Supplied data: Begin

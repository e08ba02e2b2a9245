-- ===== src/Assets/Ids.antt =====
-- amp/assets/assetServer.go: GenerateAssetID and the name that PublishAsset makes of it. The outer
-- loop recurs on fuel: as many rounds as characters are enough, since each round writes one. What
-- rng.Int63 gives is an argument, a function from the number of the call.
pub mod Chars
use amp_host_go.Base.{
  ℕ, zero, suc, ◌+◌, ◌-◌, ◌/◌, ◌%◌, Option, none, some, List, [], ◌∷◌, ◌++◌, ◌==◌, ltb,
  if◌then◌else◌, length, drop, get_elem?,
}
use amp_host_go.Base.Bytes.{Bytes}

-- "abcdefghijklmnopqrstuvwxyzABCDEFGHIJKLMNOPQRSTUVWXYZ0123456789az"
abbrev pub asset_chars : Bytes
asset_chars =
    97 ∷ 98 ∷ 99 ∷ 100 ∷ 101 ∷ 102 ∷ 103 ∷ 104 ∷ 105 ∷ 106 ∷ 107 ∷ 108 ∷ 109 ∷ 110 ∷ 111 ∷ 112 ∷ 113
    ∷ 114 ∷ 115 ∷ 116 ∷ 117 ∷ 118 ∷ 119 ∷ 120 ∷ 121 ∷ 122 ∷ 65 ∷ 66 ∷ 67 ∷ 68 ∷ 69 ∷ 70 ∷ 71 ∷ 72
    ∷ 73 ∷ 74 ∷ 75 ∷ 76 ∷ 77 ∷ 78 ∷ 79 ∷ 80 ∷ 81 ∷ 82 ∷ 83 ∷ 84 ∷ 85 ∷ 86 ∷ 87 ∷ 88 ∷ 89 ∷ 90 ∷ 48
    ∷ 49 ∷ 50 ∷ 51 ∷ 52 ∷ 53 ∷ 54 ∷ 55 ∷ 56 ∷ 57 ∷ 97 ∷ 122 ∷ []

-- kAssetChars[bits&63], of an int64 that is not negative; the index is in range.
unfoldable pub asset_char : ℕ → ℕ
asset_char bits = elim (get_elem? asset_chars (bits % 64)) [ none ↦ 0 | some c ↦ c ]

-- The inner loop: `rounds` of its rounds are left, and `left` characters.
unfoldable pub chars_of : ℕ → ℕ → ℕ → Bytes
unfolding asset_char
chars_of zero left bits = []
chars_of (suc rounds) zero bits = []
chars_of (suc rounds) (suc left) bits = asset_char bits ∷ chars_of rounds left (bits / 64)

-- The outer loop, from the given call of Int63 on.
unfoldable pub generate_chars : ℕ → (ℕ → ℕ) → ℕ → ℕ → Bytes
unfolding chars_of
generate_chars zero int63 call left = []
generate_chars (suc fuel) int63 call zero = []
generate_chars (suc fuel) int63 call (suc left) =
    let chars = chars_of 10 (suc left) (int63 call) in
    chars ++ generate_chars fuel int63 (suc call) (suc left - length chars)

unfoldable pub generate_asset_id : (ℕ → ℕ) → ℕ → Bytes
unfolding generate_chars
generate_asset_id int63 num_chars = generate_chars num_chars int63 0 num_chars

-- strings.LastIndexByte.
unfoldable pub last_index_byte : Bytes → ℕ → Option ℕ
last_index_byte [] b = none
last_index_byte (x ∷ xs) b =
    let later = last_index_byte xs b in
    elim later [ some i ↦ some (suc i) | none ↦ if x == b then some 0 else none ]

-- `/` is 47 and `.` is 46.
unfoldable pub with_extension : Bytes → Bytes → Bytes
unfolding last_index_byte
with_extension asset_id content_type = elim (last_index_byte content_type 47) [
  | none ↦ asset_id
  | some ext_pos ↦
      if ltb 0 ext_pos then asset_id ++ 46 ∷ drop (ext_pos + 1) content_type else asset_id
]
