-- ===== src/Assets/Ids/Chars.antt =====
-- The characters of an asset's ID, from the random bits.
use native.Mathlib.Nat.{div-div-eq-div-mul}
use amp_host_go.Base.{
  ℕ, zero, suc, ◌+◌, ◌-◌, ◌*◌, ◌/◌, ◌%◌, ◌^◌, ◌≤◌, ◌<◌, ◌≡◌, refl, ap, ◌∙◌, Bool-cases, some, [],
  ◌∷◌, ◌++◌, ltb, if◌then◌else◌, length, length-append, get_elem?, inl, inr, arith,
}
use amp_host_go.Base.Bytes.{Bytes}
use amp_host_go.Assets.Ids.{asset_char, chars_of, generate_chars, generate_asset_id}

get_elem?_left : (xs ys : Bytes) (i : ℕ) → i < length xs → get_elem? (xs ++ ys) i ≡ get_elem? xs i
get_elem?_left [] ys i h = absurd (omega (arith, h))
get_elem?_left (x ∷ xs) ys zero h = refl
get_elem?_left (x ∷ xs) ys (suc i) h = get_elem?_left xs ys i (omega (arith, h))

get_elem?_right :
    (xs ys : Bytes) (j i : ℕ) → j ≡ length xs + i → get_elem? (xs ++ ys) j ≡ get_elem? ys i
get_elem?_right [] ys j i e = ap (get_elem? ys) (omega (arith, e))
get_elem?_right (x ∷ xs) ys zero i e = absurd (omega (arith, e))
get_elem?_right (x ∷ xs) ys (suc j) i e = get_elem?_right xs ys j i (omega (arith, e))

length-chars_of :
    (rounds left bits : ℕ)
    → length (chars_of rounds left bits) ≡ (if ltb rounds left then rounds else left)
unfolding chars_of
length-chars_of zero left bits = ground arith
length-chars_of (suc rounds) zero bits = ground arith
length-chars_of (suc rounds) (suc left) bits =
    ground (arith, length-chars_of rounds left (bits / 64))

chars_of_lem :
    (rounds left bits i : ℕ)
    → i < rounds
    → i < left
    → get_elem? (chars_of rounds left bits) i ≡ some (asset_char (bits / 64 ^ i))
unfolding chars_of
chars_of_lem zero left bits i h k = absurd (omega (arith, h))
chars_of_lem (suc rounds) zero bits i h k = absurd (omega (arith, k))
chars_of_lem (suc rounds) (suc left) bits zero h k =
    let whole : bits ≡ bits / 64 ^ 0 = omega arith in ap (λ b. some (asset_char b)) whole
chars_of_lem (suc rounds) (suc left) bits (suc i) h k =
    chars_of_lem rounds left (bits / 64) i (omega (arith, h)) (omega (arith, k))
    ∙ ap (λ b. some (asset_char b))
        (div-div-eq-div-mul bits 64 (64 ^ i) ∙ ap (λ d. bits / d) shifted)
  where
    shifted : 64 * 64 ^ i ≡ 64 ^ suc i
    shifted = omega arith

length-generate_chars :
    (fuel : ℕ) (int63 : ℕ → ℕ) (call left : ℕ)
    → left ≤ fuel
    → length (generate_chars fuel int63 call left) ≡ left
unfolding generate_chars
length-generate_chars zero int63 call left h = omega (arith, h)
length-generate_chars (suc fuel) int63 call zero h = omega arith
length-generate_chars (suc fuel) int63 call (suc left) h =
    let chars = chars_of 10 (suc left) (int63 call) in
    let n = length-chars_of 10 (suc left) (int63 call) in
    let written : (0 < length chars) × (length chars ≤ suc left) =
      (ground (arith, n), ground (arith, n)) in
    let rest =
      length-generate_chars fuel int63 (suc call) (suc left - length chars)
        (omega (arith, h, written)) in
    omega (
      arith,
      rest,
      written,
      length-append chars (generate_chars fuel int63 (suc call) (suc left - length chars)),
    )

generate_chars_lem :
    (fuel : ℕ) (int63 : ℕ → ℕ) (call left i : ℕ)
    → left ≤ fuel
    → i < left
    → get_elem? (generate_chars fuel int63 call left) i
      ≡ some (asset_char (int63 (call + i / 10) / 64 ^ (i % 10)))
unfolding generate_chars
generate_chars_lem zero int63 call left i h k = absurd (omega (arith, h, k))
generate_chars_lem (suc fuel) int63 call zero i h k = absurd (omega (arith, k))
generate_chars_lem (suc fuel) int63 call (suc left) i h k =
    let chars = chars_of 10 (suc left) (int63 call) in
    let rest = generate_chars fuel int63 (suc call) (suc left - length chars) in
    let n = length-chars_of 10 (suc left) (int63 call) in
    elim (Bool-cases (ltb i 10)) [
      | inl t ↦
          let early : i < 10 = ground (arith, t) in
          let first : call ≡ call + i / 10 = omega (arith, early) in
          let same : i ≡ i % 10 = omega (arith, early) in
          get_elem?_left chars rest i (ground (arith, n, early, k))
          ∙ chars_of_lem 10 (suc left) (int63 call) i early k
          ∙ ap (λ c. some (asset_char (int63 c / 64 ^ i))) first
          ∙ ap (λ j. some (asset_char (int63 (call + i / 10) / 64 ^ j))) same
      | inr f ↦
          let late : 10 ≤ i = ground (arith, f) in
          let ten : length chars ≡ 10 = ground (arith, n, late, k) in
          let next : suc call + (i - 10) / 10 ≡ call + i / 10 = omega (arith, late) in
          let same : (i - 10) % 10 ≡ i % 10 = omega (arith, late) in
          get_elem?_right chars rest i (i - 10) (omega (arith, ten, late))
          ∙ generate_chars_lem fuel int63 (suc call) (suc left - length chars) (i - 10)
              (omega (arith, h, ten)) (omega (arith, ten, late, k))
          ∙ ap (λ c. some (asset_char (int63 c / 64 ^ ((i - 10) % 10)))) next
          ∙ ap (λ j. some (asset_char (int63 (call + i / 10) / 64 ^ j))) same
    ]

-- The ID has as many characters as asked for, and its i-th is the one for six bits of its own: those
-- from bit 6 (i % 10) on of the number that call i / 10 of Int63 gave.
pub generate_asset_id-chars :
    (int63 : ℕ → ℕ) (num_chars : ℕ)
    → (length (generate_asset_id int63 num_chars) ≡ num_chars)
      × ((i : ℕ)
          → i < num_chars
          → get_elem? (generate_asset_id int63 num_chars) i
            ≡ some (asset_char (int63 (i / 10) / 64 ^ (i % 10))))
unfolding generate_asset_id
generate_asset_id-chars int63 num_chars = (
  length-generate_chars num_chars int63 0 num_chars (omega arith),
  λ i h.
      let none_before : 0 + i / 10 ≡ i / 10 = omega arith in
      generate_chars_lem num_chars int63 0 num_chars i (omega arith) h
      ∙ ap (λ c. some (asset_char (int63 c / 64 ^ (i % 10)))) none_before,
)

Supplied data: End

→ **What is required**:
Each line from the beginning of the listing up to the line where "-- kAssetChars[bits&63], of" appears needs to be given again exactly; please add nothing else.

→ **Completed task**:
repository e08ba02e2b2a9245
-- ===== src/Assets/Ids.antt =====
-- amp/assets/assetServer.go: GenerateAssetID and the name that PublishAsset makes of it. The outer
-- loop recurs on fuel: as many rounds as characters are enough, since each round writes one. What
-- rng.Int63 gives is an argument, a function from the number of the call.
pub mod Chars
use amp_host_go.Base.{
  ℕ, zero, suc, ◌+◌, ◌-◌, ◌/◌, ◌%◌, Option, none, some, List, [], ◌∷◌, ◌++◌, ◌==◌, ltb,
  if◌then◌else◌, length, drop, get_elem?,
}
use amp_host_go.Base.Bytes.{Bytes}

-- "abcdefghijklmnopqrstuvwxyzABCDEFGHIJKLMNOPQRSTUVWXYZ0123456789az"
abbrev pub asset_chars : Bytes
asset_chars =
    97 ∷ 98 ∷ 99 ∷ 100 ∷ 101 ∷ 102 ∷ 103 ∷ 104 ∷ 105 ∷ 106 ∷ 107 ∷ 108 ∷ 109 ∷ 110 ∷ 111 ∷ 112 ∷ 113
    ∷ 114 ∷ 115 ∷ 116 ∷ 117 ∷ 118 ∷ 119 ∷ 120 ∷ 121 ∷ 122 ∷ 65 ∷ 66 ∷ 67 ∷ 68 ∷ 69 ∷ 70 ∷ 71 ∷ 72
    ∷ 73 ∷ 74 ∷ 75 ∷ 76 ∷ 77 ∷ 78 ∷ 79 ∷ 80 ∷ 81 ∷ 82 ∷ 83 ∷ 84 ∷ 85 ∷ 86 ∷ 87 ∷ 88 ∷ 89 ∷ 90 ∷ 48
    ∷ 49 ∷ 50 ∷ 51 ∷ 52 ∷ 53 ∷ 54 ∷ 55 ∷ 56 ∷ 57 ∷ 97 ∷ 122 ∷ []

-- kAssetChars[bits&63], of an int64 that is not negative; the index is in range.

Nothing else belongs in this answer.